EXERCISE — Working from the top of the records below, reproduce each line exactly, ending once you have written the line containing "some (c', s'))".

AVAILABLE RECORDS section start

-- ===== src/DnsController/Delivery.antt =====
-- From a list that lbUpdateLoop receives to the provider's zones.
use dnslb.Base.{false, Option, none, some, List, Str, ◌≡◌, refl, ap}
use mathlib.Core.Option
use dnslb.Loadbalancer.{LoadbalancerList}
use dnslb.Dns.{DnsTypes, Zone, DnsLaws}
use dnslb.DnsController.{DnsEnv, lb_updates_total, dns_sync_time, DnsController, observe}
use dnslb.DnsController.Wanted.{wanted_zone}
use dnslb.DnsController.Loop.{same_hash, receive, observe_sync, tick}
use dnslb.DnsController.Reliable.{IsReliable}
use dnslb.DnsController.Reconcile.{in_zone, sync_reconciles}

module _ {T : DnsTypes} {S : Type 0} (env : DnsEnv T S) (laws : DnsLaws env.lib)
    (hold : S → Str → Option (Zone T)) (listed : S → List Str)
    (reliable : IsReliable env hold listed) (lbs : LoadbalancerList) (s : S) where
  abbrev pub wanted_for : Str → Zone T → Zone T
  wanted_for k = wanted_zone env.lib (in_zone env laws hold listed reliable lbs s k)

  -- If the provider is reliable and the hash tells each held zone from the one that it shall be, a
  -- list of load balancers that is received, and is not the wanted one by its hash, is at the
  -- provider after the next round, whatever the state of the controller: the round does not panic,
  -- every zone that the provider held has the records of that list, the zones of no load balancer
  -- are as they were, and no zone appears.
  pub tick_reconciles :
      (c : DnsController T)
      → same_hash c.wanted_lbs lbs ≡ false
      → ((k : Str) (z : Zone T)
          → hold s k ≡ some z
          → env.lib.zone_hash z ≡ env.lib.zone_hash (wanted_for k z)
          → z ≡ wanted_for k z)
      → (c' : DnsController T) × (s' : S) × (tick env (receive lbs c) s ≡ some (c', s'))
        × ((k : Str) → hold s' k ≡ Option.map (wanted_for k) (hold s k))
  unfolding tick receive
  tick_reconciles c new distinct =
      let c₁ : DnsController T = record c {
        metrics = observe lb_updates_total c.metrics;
        wanted_lbs = some lbs;
        wanted_lbs_candidate = none;
      } in
      let (c', s', run, held) =
        sync_reconciles env laws hold listed reliable lbs s c₁ refl distinct in
      (
        record c' { metrics = observe dns_sync_time c'.metrics },
        s',
        rw new (ap (observe_sync env) run),
        held,
      )
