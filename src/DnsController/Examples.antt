-- ===== src/DnsController/Examples.antt =====
-- A provider that is a list of zones, and the controller at concrete load balancers.
pub mod Provider
pub mod Rounds
mod Settled
pub mod Zones
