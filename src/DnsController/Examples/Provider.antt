-- ===== src/DnsController/Examples/Provider.antt =====
-- A package dns and a provider for the tests: a zone is a name and its records, the type of a record
-- is a number, and the provider is a list of zones.
use dnslb.Base.{
  ℕ, ◌+◌, ◌*◌, true, not, ◌&&◌, Option, none, some, List, [], ◌∷◌, ◌++◌, map, Str, bytes, str_eq,
  str_eq_iff, ◌==◌, ==_iff, Result, ok, err, keep, if◌then◌else◌, ◌≡◌, refl, arith, Bool-cases, inl,
  inr,
}
use dnslb.Dns.{DnsTypes, Record, Zone, DnsError, DnsLib, DnsProvider, DnsLaws}
use dnslb.DnsController.{DnsEnv}
use dnslb.DnsController.Mapping.{has_key}
use dnslb.DnsController.Reliable.{IsReliable}

abbrev pub Types : DnsTypes
Types = record { Class = Unit {0}; RecordType = ℕ; Rest = Unit {0} }

abbrev hash_str : Str → ℕ
hash_str [] = 0
hash_str (b ∷ s) = b + 257 * hash_str s + 1

abbrev hash_records : List (Record Types) → ℕ
hash_records [] = 0
hash_records (r ∷ rs) = hash_str r.name + 3 * hash_str r.value + 7 * hash_records rs + 1

abbrev hash_zone : Zone Types → ℕ
hash_zone z = hash_str z.name + hash_records z.records

abbrev hash_zone_list : List (Zone Types) → ℕ
hash_zone_list [] = 0
hash_zone_list (z ∷ zs) = hash_zone z + hash_zone_list zs

abbrev pub lib : DnsLib Types
lib = record {
  class_in = tt;
  type_a = 1;
  zone_hash = hash_zone;
  zones_hash = hash_zone_list;
  copy = λ zones. zones;
  remove_records_with_name =
      λ n t z. record z { records = keep (λ r. not (str_eq r.name n && (r.type == t))) z.records };
}

pub lib-laws : DnsLaws lib
lib-laws = record {
  same_type = ◌==◌;
  same_type_iff = ==_iff;
  copy_lem = λ zones. refl;
  remove_lem = λ n t z. refl;
}

abbrev pub hold : List (Zone Types) → Str → Option (Zone Types)
hold [] k = none
hold (z ∷ s) k = if str_eq z.name k then some z else hold s k

abbrev pub listed : List (Zone Types) → List Str
listed s = map (λ z. z.name) s

abbrev replace : Zone Types → List (Zone Types) → List (Zone Types)
replace z [] = []
replace z (y ∷ s) = if str_eq y.name z.name then z ∷ s else y ∷ replace z s

abbrev or_missing : {A : Type 0} → A → Option (Zone Types) → Result DnsError A
or_missing a none = err (bytes "unknown zone")
or_missing a (some z) = ok a

abbrev get_zone : Option (Zone Types) → Result DnsError (Zone Types)
get_zone none = err (bytes "unknown zone")
get_zone (some z) = ok z

abbrev pub provider : DnsProvider Types (List (Zone Types))
provider = record {
  create_zone = λ z s. (ok tt, s ++ z ∷ []);
  get_zone = λ k s. (get_zone (hold s k), s);
  list_zones = λ s. (ok (listed s), s);
  update_zone = λ z s. (or_missing tt (hold s z.name), replace z s);
  delete_zone = λ k s. (or_missing tt (hold s k), keep (λ z. not (str_eq z.name k)) s);
}

-- The tests list the zones in the order of their lengths.
abbrev pub env : DnsEnv Types (List (Zone Types))
env = record {
  lib = lib;
  provider = provider;
  now = λ s. 1000;
  sort_by_length = λ l. l;
  range_keys = λ s l. l;
}

hold_named :
    (s : List (Zone Types)) (k : Str)
    → has_key k (listed s) ≡ true
    → (z : Zone Types) × (hold s k ≡ some z) × (z.name ≡ k)
hold_named [] k h = cc
hold_named (y ∷ s) k h = elim (Bool-cases (str_eq y.name k)) [
  | inl same ↦ (y, rw same, (str_eq_iff y.name k).0 same)
  | inr other ↦ rw other (hold_named s k (rw other at h))
]

hold-replace :
    (z y : Zone Types) (s : List (Zone Types)) (k : Str)
    → hold s z.name ≡ some y
    → hold (replace z s) k ≡ (if str_eq z.name k then some z else hold s k)
hold-replace z y [] k h = cc
hold-replace z y (x ∷ s) k h = ground (
  arith,
  str_eq_iff x.name z.name,
  str_eq_iff x.name k,
  str_eq_iff z.name k,
  hold-replace z y s k,
)

pub env-IsReliable : IsReliable env hold listed
env-IsReliable = record {
  list_ok = λ s. refl;
  listed_held = hold_named;
  hold-list = λ s. refl;
  get_ok = λ k s z h. rw h;
  hold-get = λ k s. refl;
  update_ok = λ z y s h. rw h;
  hold-update = hold-replace;
  has_key-sort = λ k l. refl;
  has_key-range = λ s k l. refl;
}
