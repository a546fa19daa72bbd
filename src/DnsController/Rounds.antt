-- ===== src/DnsController/Rounds.antt =====
-- Rounds of the controller's two loops.
use dnslb.Base.{
  Bool, true, false, ◌||◌, Option, none, some, List, [], ◌∷◌, ◌++◌, Str, Result, ok, err, ◌≡◌, ◌≢◌,
  refl, ap, ◌∙◌, arith, Bool-cases, ==_refl, inl, inr,
}
use dnslb.Loadbalancer.{LoadbalancerList}
use dnslb.Dns.{DnsTypes, Zone, DnsError}
use dnslb.DnsController.{DnsEnv, DnsController}
use dnslb.DnsController.Current.{
  UpdateError, after_fetch, after_list, update_for, update_current_zones,
}
use dnslb.DnsController.Sync.{is_due, observe_error, regenerate, after_current, sync}
use dnslb.DnsController.Loop.{same_hash, receive, promote, observe_sync, sync_if_wanted, tick}

module _ {T : DnsTypes} {S : Type 0} (env : DnsEnv T S) where
  -- What a read that fails, and any read, leaves of the controller.
  abbrev Kept : DnsController T → Result UpdateError (Unit {0}) × DnsController T × S → Type 0
  Kept c r = (r.1.wanted_lbs ≡ c.wanted_lbs) × ((e : UpdateError) → r.0 ≡ err e → r.1 ≡ c)

  after_fetch-Kept :
      (c : DnsController T) (names : List Str) (r : Result UpdateError (List (Zone T)) × S)
      → Kept c (after_fetch env c names r)
  after_fetch-Kept c names (err e, s) = (refl, λ x h. refl)
  after_fetch-Kept c names (ok zs, s) = (refl, λ x h. cc)

  after_list-Kept :
      (c : DnsController T) (lbs : LoadbalancerList) (r : Result DnsError (List Str) × S)
      → Kept c (after_list env c lbs r)
  after_list-Kept c lbs (err e, s) = (refl, λ x h. refl)
  after_list-Kept c lbs (ok names, s) = after_fetch-Kept c (env.sort_by_length names) _

  update_for-Kept :
      (c : DnsController T) (o : Option LoadbalancerList) (s : S) → Kept c (update_for env c o s)
  update_for-Kept c none s = (refl, λ x h. refl)
  update_for-Kept c (some lbs) s = after_list-Kept c lbs (env.provider.list_zones s)

  update_current_zones-Kept : (c : DnsController T) (s : S) → Kept c (update_current_zones env c s)
  unfolding update_current_zones
  update_current_zones-Kept c s = update_for-Kept c c.wanted_lbs s

  abbrev Returns : Option (DnsController T × S) → Type 0
  Returns o = (r : DnsController T × S) × (o ≡ some r)

  regenerate_total :
      (force : Bool) (o : Option LoadbalancerList) (c : DnsController T) (s : S)
      (lbs : LoadbalancerList)
      → o ≡ some lbs
      → Returns (regenerate env force o c s)
  regenerate_total force none c s lbs h = cc
  regenerate_total force (some l) c s lbs h = (_, refl)

  after_current_total :
      (force : Bool) (r : Result UpdateError (Unit {0}) × DnsController T × S)
      (lbs : LoadbalancerList)
      → r.1.wanted_lbs ≡ some lbs
      → Returns (after_current env force r)
  after_current_total force (err e, c, s) lbs h = (_, refl)
  after_current_total force (ok u, c, s) lbs h = regenerate_total force c.wanted_lbs c s lbs h

  abbrev in_cycle : DnsController T → S → DnsController T
  in_cycle c s = record c { last_cycle = c.last_cycle ++ env.now s ∷ [] }

  -- Whether a round reads the zones.
  abbrev reads : Bool → DnsController T → S → Bool
  reads force c s =
      force
      || c.current_zones_enforce_sync
      || is_due c.last_current_zone_sync c.current_zone_sync_enforce_interval (env.now s)

  sync_total :
      (force : Bool) (c : DnsController T) (s : S) (lbs : LoadbalancerList)
      → c.wanted_lbs ≡ some lbs
      → Returns (sync env force c s)
  unfolding sync
  sync_total force c s lbs w = elim (Bool-cases (reads force c s)) [
    | inl read ↦ rw read (
        after_current_total force (update_current_zones env (in_cycle c s) s) lbs
          ((update_current_zones-Kept (in_cycle c s) s).0 ∙ w))
    | inr not_read ↦ rw not_read (regenerate_total force c.wanted_lbs (in_cycle c s) s lbs w)
  ]

  sync_if_wanted_total :
      (o : Option LoadbalancerList) (force : Bool) (c : DnsController T) (s : S)
      → c.wanted_lbs ≡ o
      → Returns (sync_if_wanted env o force c s)
  sync_if_wanted_total none force c s h = (_, refl)
  sync_if_wanted_total (some lbs) force c s h =
      let (r, e) = sync_total force c s lbs h in (_, ap (observe_sync env) e)

  -- A round of Run's loop does not panic, whatever the state of the controller: sync is reached only
  -- with load balancers.
  pub tick_total :
      (c : DnsController T) (s : S) → (r : DnsController T × S) × (tick env c s ≡ some r)
  unfolding tick
  tick_total c s = let (c', force) = promote c in sync_if_wanted_total c'.wanted_lbs force c' s refl

  -- If a forced sync cannot read the zones, it updates none: the controller is as it was, but for the
  -- time of the round and the counted errors, and the world is as the reads left it.
  pub sync_read_error :
      (c : DnsController T) (s : S) (e : UpdateError)
      → (update_current_zones env (in_cycle c s) s).0 ≡ err e
      → sync env true c s
        ≡ some (
          record c {
            metrics = observe_error c.metrics;
            last_cycle = c.last_cycle ++ env.now s ∷ [];
          },
          (update_current_zones env (in_cycle c s) s).2,
        )
  unfolding sync
  sync_read_error c s e h =
      failed (update_current_zones env (in_cycle c s) s) h
        ((update_current_zones-Kept (in_cycle c s) s).1 e h)
    where
      failed :
          (r : Result UpdateError (Unit {0}) × DnsController T × S)
          → r.0 ≡ err e
          → r.1 ≡ in_cycle c s
          → after_current env true r
            ≡ some (record (in_cycle c s) { metrics = observe_error c.metrics }, r.2)
      failed (err x, c', s') h k =
          ap (λ (d : DnsController T). some (record d { metrics = observe_error d.metrics }, s')) k
      failed (ok u, c', s') h k = cc

  -- A round in which nothing is forced or due, with the load balancers of the last wanted zones and
  -- with zones that were already as wanted, calls the provider not at all.
  pub sync_idle :
      (c : DnsController T) (s : S) (lbs : LoadbalancerList)
      → c.wanted_lbs ≡ some lbs
      → c.current_zones_enforce_sync ≡ false
      → is_due c.last_current_zone_sync c.current_zone_sync_enforce_interval (env.now s) ≡ false
      → c.wanted_zones_lb_hash ≡ lbs.hash
      → c.current_zones_hash ≡ c.wanted_zones_hash
      → sync env false c s ≡ some (record c { last_cycle = c.last_cycle ++ env.now s ∷ [] }, s)
  unfolding sync
  sync_idle c s lbs w enforce due lb_hash zone_hash =
      rw (enforce, due, w, lb_hash, zone_hash, ==_refl lbs.hash, ==_refl c.wanted_zones_hash)

-- An update that repeats the wanted list is ignored, and does not take a waiting candidate back: a
-- list b with another hash that was received before it is promoted in the next round, though the
-- newest list is a.
pub receive_stale :
    {T : DnsTypes} (c : DnsController T) (a a' b : LoadbalancerList)
    → c.wanted_lbs ≡ some a
    → a'.hash ≡ a.hash
    → b.hash ≢ a.hash
    → ((promote (receive a' (receive b c))).0.wanted_lbs ≡ some b)
      × ((promote (receive a' (receive b c))).1 ≡ true)
unfolding receive promote
receive_stale c a a' b w same other =
    ground (arith, ap (λ o. same_hash o b) w, ap (λ o. same_hash o a') w)
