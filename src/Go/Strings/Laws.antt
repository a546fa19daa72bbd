-- ===== src/Go/Strings/Laws.antt =====
-- The functions of package strings against concatenation.
use dnslb.Base.{
  ℕ, zero, suc, ◌+◌, ◌-◌, true, false, List, [], ◌∷◌, ◌++◌, Str, length, ◌==◌, ◌≡◌, ◌≢◌, refl,
  arith, All, Bool-cases, inl, inr, length-append, take-append, drop-append, str_eq_refl, le→leb,
}
use dnslb.Go.Strings.{has_prefix, contains, has_suffix, trim_suffix, cons_first, split_from, split}

-- The byte does not occur.
abbrev pub Free : ℕ → Str → Type 0
Free c s = All (λ x. x ≢ c) s

pub Free-append : (c : ℕ) (s t : Str) → Free c s → Free c t → Free c (s ++ t)
Free-append c [] t hs ht = ht
Free-append c (x ∷ s) t hs ht = (hs.0, Free-append c s t hs.1 ht)

pub has_prefix-append : (p s : Str) → has_prefix (p ++ s) p ≡ true
unfolding has_prefix
has_prefix-append [] s = refl
has_prefix-append (x ∷ p) s = ground (arith, has_prefix-append p s)

pub contains-append : (a b c : Str) → contains (a ++ (b ++ c)) b ≡ true
unfolding contains
contains-append [] b c = contains_head (b ++ c) b (has_prefix-append b c)
  where
    contains_head : (s t : Str) → has_prefix s t ≡ true → contains s t ≡ true
    contains_head [] t h = h
    contains_head (x ∷ s) t h = rw h
contains-append (x ∷ a) b c = ground (arith, contains-append a b c)

pub has_suffix-append : (a b : Str) → has_suffix (a ++ b) b ≡ true
unfolding has_suffix
has_suffix-append a b = rw (
  length-append a b,
  le→leb (length b) (length a + length b) (omega arith),
  (let e : length a + length b - length b ≡ length a = omega arith in e),
  drop-append a b,
  str_eq_refl b,
)

pub trim_suffix-append : (a b : Str) → trim_suffix (a ++ b) b ≡ a
unfolding trim_suffix
trim_suffix-append a b = rw (
  has_suffix-append a b,
  length-append a b,
  (let e : length a + length b - length b ≡ length a = omega arith in e),
  take-append a b,
)

pub trim_suffix_other : (s t : Str) → has_suffix s t ≡ false → trim_suffix s t ≡ s
unfolding trim_suffix
trim_suffix_other s t h = rw h

-- A prefix begins with the prefix's first byte.
has_prefix-Free : (c : ℕ) (r s : Str) (x : ℕ) → x ≢ c → has_prefix (x ∷ s) (c ∷ r) ≡ false
unfolding has_prefix
has_prefix-Free c r s x h = ground arith

split_from-skip : (sep p s : Str) → split_from sep (length p) (p ++ s) ≡ split_from sep zero s
unfolding split_from
split_from-skip sep [] s = refl
split_from-skip sep (x ∷ p) [] = split_from-skip sep p []
split_from-skip sep (x ∷ p) (y ∷ s) = split_from-skip sep p (y ∷ s)

-- Up to the first separator there is one piece, if the separator's first byte is not in it.
split_from-append :
    (c : ℕ) (r a b : Str)
    → Free c a
    → split_from (c ∷ r) zero (a ++ ((c ∷ r) ++ b)) ≡ a ∷ split_from (c ∷ r) zero b
unfolding split_from
split_from-append c r [] b h =
    rw (has_prefix-append (c ∷ r) b, (let e : suc (length r) - 1 ≡ length r = omega arith in e))
      (rw (split_from-skip (c ∷ r) r b))
split_from-append c r (x ∷ a) b h =
    rw (has_prefix-Free c r (a ++ ((c ∷ r) ++ b)) x h.0, split_from-append c r a b h.1)

pub split-append :
    (c : ℕ) (r a b : Str) → Free c a → split (a ++ ((c ∷ r) ++ b)) (c ∷ r) ≡ a ∷ split b (c ∷ r)
unfolding split
split-append = split_from-append

split_from_whole : (s sep : Str) → contains s sep ≡ false → split_from sep zero s ≡ s ∷ []
unfolding split_from contains
split_from_whole [] sep h = refl
split_from_whole (x ∷ s) sep h = ground (arith, split_from_whole s sep)

-- A text without the separator is one piece.
pub split_whole : (s sep : Str) → contains s sep ≡ false → split s sep ≡ s ∷ []
unfolding split
split_whole = split_from_whole

pub contains-Free : (c : ℕ) (r s : Str) → Free c s → contains s (c ∷ r) ≡ false
unfolding contains has_prefix
contains-Free c r [] h = refl
contains-Free c r (x ∷ s) h = ground (arith, contains-Free c r s h.1)

-- The pieces hold no byte of a separator that is one byte.
split_from-Free : (c skip : ℕ) (s : Str) → All (Free c) (split_from (c ∷ []) skip s)
unfolding split_from has_prefix
split_from-Free c skip [] = (tt, tt)
split_from-Free c (suc skip) (x ∷ s) = split_from-Free c skip s
split_from-Free c zero (x ∷ s) = elim (Bool-cases (x == c)) [
  | inl e ↦ rw e (tt, split_from-Free c 0 s)
  | inr e ↦ rw e (first (split_from (c ∷ []) zero s) (ground arith) (split_from-Free c zero s))
]
  where
    first : (l : List Str) → x ≢ c → All (Free c) l → All (Free c) (cons_first x l)
    first [] n h = ((n, tt), tt)
    first (p ∷ ps) n h = ((n, h.0), h.1)

pub split-Free : (c : ℕ) (s : Str) → All (Free c) (split s (c ∷ []))
unfolding split
split-Free c s = split_from-Free c 0 s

AVAILABLE RECORDS section end

RESPONSE TO THIS EXERCISE —
-- ===== src/DnsController/Delivery.antt =====
-- From a list that lbUpdateLoop receives to the provider's zones.
use dnslb.Base.{false, Option, none, some, List, Str, ◌≡◌, refl, ap}
use mathlib.Core.Option
use dnslb.Loadbalancer.{LoadbalancerList}
use dnslb.Dns.{DnsTypes, Zone, DnsLaws}
use dnslb.DnsController.{DnsEnv, lb_updates_total, dns_sync_time, DnsController, observe}
use dnslb.DnsController.Wanted.{wanted_zone}
use dnslb.DnsController.Loop.{same_hash, receive, observe_sync, tick}
use dnslb.DnsController.Reliable.{IsReliable}
use dnslb.DnsController.Reconcile.{in_zone, sync_reconciles}

module _ {T : DnsTypes} {S : Type 0} (env : DnsEnv T S) (laws : DnsLaws env.lib)
    (hold : S → Str → Option (Zone T)) (listed : S → List Str)
    (reliable : IsReliable env hold listed) (lbs : LoadbalancerList) (s : S) where
  abbrev pub wanted_for : Str → Zone T → Zone T
  wanted_for k = wanted_zone env.lib (in_zone env laws hold listed reliable lbs s k)

  -- If the provider is reliable and the hash tells each held zone from the one that it shall be, a
  -- list of load balancers that is received, and is not the wanted one by its hash, is at the
  -- provider after the next round, whatever the state of the controller: the round does not panic,
  -- every zone that the provider held has the records of that list, the zones of no load balancer
  -- are as they were, and no zone appears.
  pub tick_reconciles :
      (c : DnsController T)
      → same_hash c.wanted_lbs lbs ≡ false
      → ((k : Str) (z : Zone T)
          → hold s k ≡ some z
          → env.lib.zone_hash z ≡ env.lib.zone_hash (wanted_for k z)
          → z ≡ wanted_for k z)
      → (c' : DnsController T) × (s' : S) × (tick env (receive lbs c) s ≡ some (c', s'))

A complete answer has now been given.